Una lieve scia di cristalli di brina scolpiti nella neve, a dipingere i suoi messaggi. Lugubre risuona il lamento che proviene dall'interno, fino a scuotere i più impensati recessi di quest'anima. Occorrono braccia robuste per sostenere il peso di tanta tristezza, ma so con certezza che le mie non lo saranno mai abbastanza. Poi, di colpo, mi sveglio, il quadro muta le tonalità, si disfa, e tutto appare di nuovo com'era: la stanza calda, accogliente, avvolta nella penombra di una tenda appena scostata, ancora profumata di noi... E io, accarezzandolo con infinita lentezza senza quasi sfiorarlo, sorseggio beata il suo immobile sonno.

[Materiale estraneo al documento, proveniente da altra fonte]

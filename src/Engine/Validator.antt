-- ===== src/Engine/Validator.antt =====
-- internal/engine/transfers.go: the pre-flight check of a batch, with its linked chains, and the
-- batch's application. `Staging` has the copies that a check works on, `Step` the check of one
-- transfer, `Batch` the loop over the batch.
mod Staging
mod Step
mod Batch
pub mod Outcomes
pub mod Chains
mod Tests
unfoldable pub use Staging.*
unfoldable pub use Step.*
unfoldable pub use Batch.*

Accade a tutti noi di esprimere un desiderio, almeno una volta nella vita: soffiando sulle candeline di una torta, osservando casuali ciglia che volteggiano nell'aria, gettando una monetina in una fontana, sorprendendoci per la magia di una stella cadente... E accade che qualcuno di questi desideri, magari il più insperato, si avveri a volte. Cespugli rotolati nella polvere, spighe di frumento che si gonfiano rigogliose, il risveglio repentino dei sensi sopiti, i colori rosati delle nubi nella più torrida delle estati... E infine noi, senza tregua legati dalla medesima dolce inquietudine, da un bisogno cieco di crearci illusioni e sogni che armoniosi si susseguono... Certe notti d'amore non hanno memoria, eppure, per sempre, respirano nei ricordi di chi le ha vissute.